# High Elves (first WHFB Army)



## Captain_Obvious (Mar 28, 2012)

Hello all, as you can see High Elves are my first Fantasy Army, and i am currently in the posession of 10 Swordmasters, 10 LSG, 5 Reavers and 1 Mage. 

Soon to be added to it another 10 SM's, 15 LSG, Prince on Griffon, 5 Reaver's, 5 shadow warriors and 10 Wl.

i have noticed there isn't much around for HE's here in regards to tactic's/armylists etc, and was wondering wether you guys and girls would be able to steer me in the right direction with what sort of force i can build from it and how to equip it (been playing 40k for 12 years and changing over completely) so i have no idea on what items are good/bad, and what units work well together as this is brand new to me


----------



## thepyrotek (Dec 4, 2011)

Im not to big a fan of sea guard. While they seem pretty nice ive had far more success just taking spearmen and archers. Sea guard are 4 more points a model and those points rack up. I would suggest great eagles and some bolt throwers.

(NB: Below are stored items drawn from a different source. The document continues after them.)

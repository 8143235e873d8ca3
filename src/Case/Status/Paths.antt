-- ===== src/Case/Status/Paths.antt =====
-- services/shared/case_state.py: what the state machine lets happen, the histories of a case, from RECEIVED on.
use aera_be.Prelude.{◌≡◌, refl, sym, ◌⊎◌, inl, inr, Bool, true, false, List, [], ◌∷◌, arith, Listed}
use aera_be.Case.Status.{
  CaseStatus, received, triaged, investigating, waiting_planner, waiting_supplier, plan_proposed,
  verified, awaiting_approval, auto_approved, approved, rejected, escalated, executing, monitoring,
  reopened, closed, rolled_back, failed_rolled_back, can_transition, is_terminal,
}

-- `History s seen`: a case that is in state `s` and was in the states `seen` before, the latest
-- first.
pub data History : CaseStatus → List CaseStatus → Type 0 where
  opened : History received []
  moved :
      {s : CaseStatus} {seen : List CaseStatus} (t : CaseStatus)
      → History s seen
      → can_transition s t ≡ true
      → History t (s ∷ seen)

-- The states in which SAP is or has been written.
abbrev pub written : CaseStatus → Bool
written executing = true
written monitoring = true
written reopened = true
written rolled_back = true
written failed_rolled_back = true
written _ = false

abbrev pub allowed : CaseStatus → Bool
allowed auto_approved = true
allowed approved = true
allowed _ = false

abbrev pub decided : CaseStatus → Bool
decided awaiting_approval = true
decided auto_approved = true
decided approved = true
decided rejected = true
decided _ = false

written_needs :
    (s t : CaseStatus)
    → can_transition s t ≡ true
    → written t ≡ true
    → (written s ≡ true) ⊎ (s ≡ auto_approved) ⊎ (s ≡ approved)
unfolding can_transition
written_needs s t h w = ground arith

decided_needs :
    (s t : CaseStatus)
    → can_transition s t ≡ true
    → decided t ≡ true
    → (decided s ≡ true) ⊎ (s ≡ verified)
unfolding can_transition
decided_needs s t h w = ground arith

allowed-decided : (s : CaseStatus) → allowed s ≡ true → decided s ≡ true
allowed-decided s h = ground arith

history-decided :
    {s : CaseStatus} {seen : List CaseStatus}
    → History s seen
    → decided s ≡ true
    → Listed verified seen
history-decided opened d = cc d
history-decided (moved {s = s} t h step) d = elim (decided_needs s t step d) [
  | inl before ↦ inr (history-decided h before)
  | inr now ↦ inl (sym now)
]

-- The approvals that a history has seen.
abbrev pub Approved : List CaseStatus → Type 0
Approved seen = (Listed auto_approved seen ⊎ Listed approved seen) × Listed verified seen

keep-Approved : {s : CaseStatus} (seen : List CaseStatus) → Approved seen → Approved (s ∷ seen)
keep-Approved seen (inl a, v) = (inl (inr a), inr v)
keep-Approved seen (inr a, v) = (inr (inr a), inr v)

-- In every history of a case, a state in which SAP is or has been written (EXECUTING, MONITORING,
-- REOPENED, ROLLED_BACK, FAILED_ROLLED_BACK) comes after AUTO_APPROVED or APPROVED, and after
-- VERIFIED.
pub written_after_approval :
    {s : CaseStatus} {seen : List CaseStatus} → History s seen → written s ≡ true → Approved seen
written_after_approval opened w = cc w
written_after_approval (moved {s = s} {seen = seen} t h step) w = elim (written_needs s t step w) [
  | inl before ↦ keep-Approved seen (written_after_approval h before)
  | inr (inl a) ↦ (inl (inl (sym a)), inr (history-decided h (rw a refl)))
  | inr (inr a) ↦ (inr (inl (sym a)), inr (history-decided h (rw a refl)))
]

-- A way through the state machine.
pub data Way : CaseStatus → CaseStatus → Type 0 where
  arrived : {s : CaseStatus} → Way s s
  step : (s : CaseStatus) {t u : CaseStatus} → can_transition s t ≡ true → Way t u → Way s u

from_escalated : Way escalated closed
unfolding can_transition
from_escalated = step escalated refl arrived

from_investigating : Way investigating closed
unfolding can_transition
from_investigating = step investigating refl from_escalated

-- From every state that is not terminal a case can come to CLOSED, and from a terminal state it
-- goes nowhere.
pub terminal_or_closable :
    (s : CaseStatus)
    → ((is_terminal s ≡ true) × ((t : CaseStatus) → can_transition s t ≡ false)) ⊎ Way s closed
unfolding is_terminal can_transition
terminal_or_closable received = inr (step received refl (step triaged refl from_investigating))
terminal_or_closable triaged = inr (step triaged refl from_investigating)
terminal_or_closable investigating = inr from_investigating
terminal_or_closable waiting_planner = inr (step waiting_planner refl from_investigating)
terminal_or_closable waiting_supplier = inr (step waiting_supplier refl from_investigating)
terminal_or_closable plan_proposed = inr (step plan_proposed refl from_investigating)
terminal_or_closable verified = inr (step verified refl from_escalated)
terminal_or_closable awaiting_approval = inr (step awaiting_approval refl from_escalated)
terminal_or_closable auto_approved =
    inr (step auto_approved refl (step executing refl from_investigating))
terminal_or_closable approved = inr (step approved refl (step executing refl from_investigating))
terminal_or_closable rejected = inr (step rejected refl arrived)
terminal_or_closable escalated = inr from_escalated
terminal_or_closable executing = inr (step executing refl from_investigating)
terminal_or_closable monitoring = inr (step monitoring refl arrived)
terminal_or_closable reopened = inr (step reopened refl from_investigating)
terminal_or_closable closed = inl (refl, λ t. refl)
terminal_or_closable rolled_back = inl (refl, λ t. refl)
terminal_or_closable failed_rolled_back = inl (refl, λ t. refl)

Eagles are good warmachine hunters and distractions for the enemy and are only 50 points. Swordmasters are great, a 20 unit while expensive, just chops through the enemy. Im not a big fan of reavers either, silver helms are around the same points if your taking bows on the reavers but are much more armored and have lances. Hope this helps.


----------



## Ratvan (Jun 20, 2011)

Ah hello again, how are you getting on painting your HE's?

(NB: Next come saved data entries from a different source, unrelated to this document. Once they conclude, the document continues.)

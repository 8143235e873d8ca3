-- ===== src/Case/Store/Transitions.antt =====
-- services/shared/cases.py: a transition of a case that succeeds, among other writers.
use aera_be.Prelude.{
  String, ℕ, ◌≡◌, refl, true, Option, none, some, List, [], ◌∷◌, arith, Bool-cases, Option-cases,
  inl, inr,
}
use aera_be.Storage.{Write, Database, passes}
use aera_be.Case.Status.{CaseStatus, can_transition}
use aera_be.Case.Items.{
  StoreKey, case_chain, meta, StoreItem, case_item, run_item, head_item, event_item, counter_item,
  approval_item, Case, AuditEvent,
}
use aera_be.Case.Audit.{
  Draft, Entry, Recorded, event_of, transaction_conflict, contended, key_error, record_event,
  audit_writes,
}
use aera_be.Case.Audit.Commits.{CommitsOn, Committed, attempts-Committed}
use aera_be.Case.Store.{
  ok, transition, transition_from, get_case, move_write, moved, or_status, as_outcome, status_is,
}

module _ (event_hash : Draft → String) (candidate clock : ℕ → ℕ) (db : Database StoreKey StoreItem)
    (others : ℕ → db.State → db.State) where
  -- The case that a committed move has found, and what it has left.
  module _ (id : String) (source target : CaseStatus) (now : ℕ) where
    abbrev writes : Entry → ℕ → String × Option ℕ → List (Write StoreKey StoreItem)
    writes x m previous =
        audit_writes event_hash candidate clock x m previous (move_write id source target now ∷ [])

    abbrev Moves : Option StoreItem → db.State → Type 0
    Moves found s' =
        (d : Case) × (found ≡ some (case_item d))
        × (d.status ≡ source)
        × (db.get s' (meta id) ≡ some (case_item (moved target now d)))

    -- The move that a run from `s` has committed: the state that it was committed on, the case
    -- stored there in the state `source`, and what the commit left of it.
    abbrev pub MovedFrom : Entry → db.State → db.State → Type 0
    MovedFrom x s s' =
        (t : db.State) × (m : ℕ) × (previous : String × Option ℕ) × (d : Case) × CommitsOn
          event_hash candidate clock db others x (move_write id source target now ∷ []) 5 s t m
          previous
        × (db.get t (meta id) ≡ some (case_item d))
        × (d.status ≡ source)
        × (s' ≡ db.after (writes x m previous) t)
        × (db.get s' (meta id) ≡ some (case_item (moved target now d)))

    passes-Moves :
        (x : Entry) (m : ℕ) (previous : String × Option ℕ) (t : db.State)
        → passes (writes x m previous) (db.get t) ≡ true
        → (o : Option StoreItem) → db.get t (meta id) ≡ o
        → status_is source o ≡ true
        → Moves o (db.after (writes x m previous) t)
    passes-Moves x m previous t p (some (case_item d)) e h =
        (d, refl, ground arith, ground (arith, db.get-after (writes x m previous) t (meta id)))
    passes-Moves x m previous t p none e h = cc h
    passes-Moves x m previous t p (some (run_item d)) e h = cc h
    passes-Moves x m previous t p (some (head_item d)) e h = cc h
    passes-Moves x m previous t p (some (event_item d)) e h = cc h
    passes-Moves x m previous t p (some (counter_item d)) e h = cc h
    passes-Moves x m previous t p (some (approval_item d)) e h = cc h

    stood :
        (x : Entry) (m : ℕ) (previous : String × Option ℕ) (t : db.State)
        → passes (writes x m previous) (db.get t) ≡ true
        → status_is source (db.get t (meta id)) ≡ true
    stood x m previous t p = ground arith

    Committed-Moves :
        (x : Entry) (s : db.State) (e : AuditEvent) {s' : db.State}
        → Committed event_hash candidate clock db others x
            (move_write id source target now ∷ [])
            5
            s
            e
            s'
        → MovedFrom x s s'
    Committed-Moves x s e (t, m, previous, run, p, same, left) =
        let (d, found, is, after) =
          passes-Moves x m previous t p (db.get t (meta id)) refl (stood x m previous t p) in
        (t, m, previous, d, run, found, is, left, rw left after)

    abbrev pub entry : String → Entry
    entry actor = record {
      chain_key = case_chain id;
      type = "STATE_TRANSITION";
      actor = actor;
      payload = [];
      case_id = some id;
    }

    answered :
        (actor : String) (s : db.State) {a c : Case} (r : Recorded)
        → (record_event event_hash candidate clock db others
            (entry actor)
            (move_write id source target now ∷ [])
            s).0
          ≡ r
        → as_outcome event_hash candidate clock db others r a ≡ ok c
        → (c ≡ a)
          × MovedFrom
              (entry actor)
              s
              (record_event event_hash candidate clock db others
                (entry actor)
                (move_write id source target now ∷ [])
                s).1
    unfolding record_event
    answered actor s (event_of e) read h = (
      cc h,
      Committed-Moves (entry actor) s e (
          attempts-Committed event_hash candidate clock db others (entry actor)
            (move_write id source target now ∷ []) 5 s e read),
    )
    answered actor s transaction_conflict read h = cc h
    answered actor s contended read h = cc h
    answered actor s key_error read h = cc h

    -- A transition that was committed found the case that it has moved in the state `source`.
    pub from-Moves :
        (current : Case) (actor : String) (s : db.State) {c : Case}
        → (transition_from event_hash candidate clock db others current id source target actor now
            s).0
          ≡ ok c
        → (can_transition source target ≡ true)
          × (c ≡ record current { status = target; updated_at = now })
          × MovedFrom
              (entry actor)
              s
              (transition_from event_hash candidate clock db others current id source target actor
                now s).1
    unfolding transition_from
    from-Moves current actor s {c} done = elim (Bool-cases (can_transition source target)) [
      | inr no_edge ↦ cc (rw (no_edge, transition_from) at done)
      | inl edge ↦
          rw (edge, transition_from)
            (let q =
                answered actor s
                  (record_event event_hash candidate clock db others (entry actor)
                    (move_write id source target now ∷ []) s).0
                  refl (rw (edge, transition_from) at done) in
              (refl, q.0, q.1))
    ]

  -- A transition that succeeds was allowed by the state machine from the state that its caller
  -- expected, or else read, and answers the case that it read with the target state and the new
  -- time. Whatever other writers did between its attempts, the state that its transaction was
  -- committed on, which the run came to, had the case in that state, and the commit left that case
  -- in the target state with the target's stage and the new time, and otherwise as it was.
  pub transition_lawful :
      (id : String) (target : CaseStatus) (actor : String) (expected : Option CaseStatus) (now : ℕ)
      (s : db.State) {c : Case}
      → (transition event_hash candidate clock db others id target actor expected now s).0 ≡ ok c
      → (read : Case) × (get_case event_hash candidate clock db others id s ≡ some read)
        × (can_transition (or_status expected read.status) target ≡ true)
        × (c ≡ record read { status = target; updated_at = now })
        × MovedFrom id
            (or_status expected read.status)
            target
            now
            (entry id (or_status expected read.status) target now actor)
            s
            (transition event_hash candidate clock db others id target actor expected now s).1
  unfolding transition
  transition_lawful id target actor expected now s {c} done =
      elim (Option-cases (get_case event_hash candidate clock db others id s)) [
        | inl missing ↦ cc (rw (missing, transition) at done)
        | inr (current, found) ↦
            rw (found, transition)
              (let q =
                  from-Moves id (or_status expected current.status) target now current actor s
                    (rw (found, transition) at done) in
                (current, refl, q.0, q.1, q.2))
      ]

Ok lets go through what you got 

Mage - Good some very nasty combinations are around with the Magic Items as well as access to ANY of the Lores I recommend Seerstaff of Saphery so you can pick the spells that you want from you selected Lore

LSG - Most people either love em or hate em. Personally The High Elf COre is pretty dull and I would bulk up on a couple of units of these guys to fill the minimum 25% allowance.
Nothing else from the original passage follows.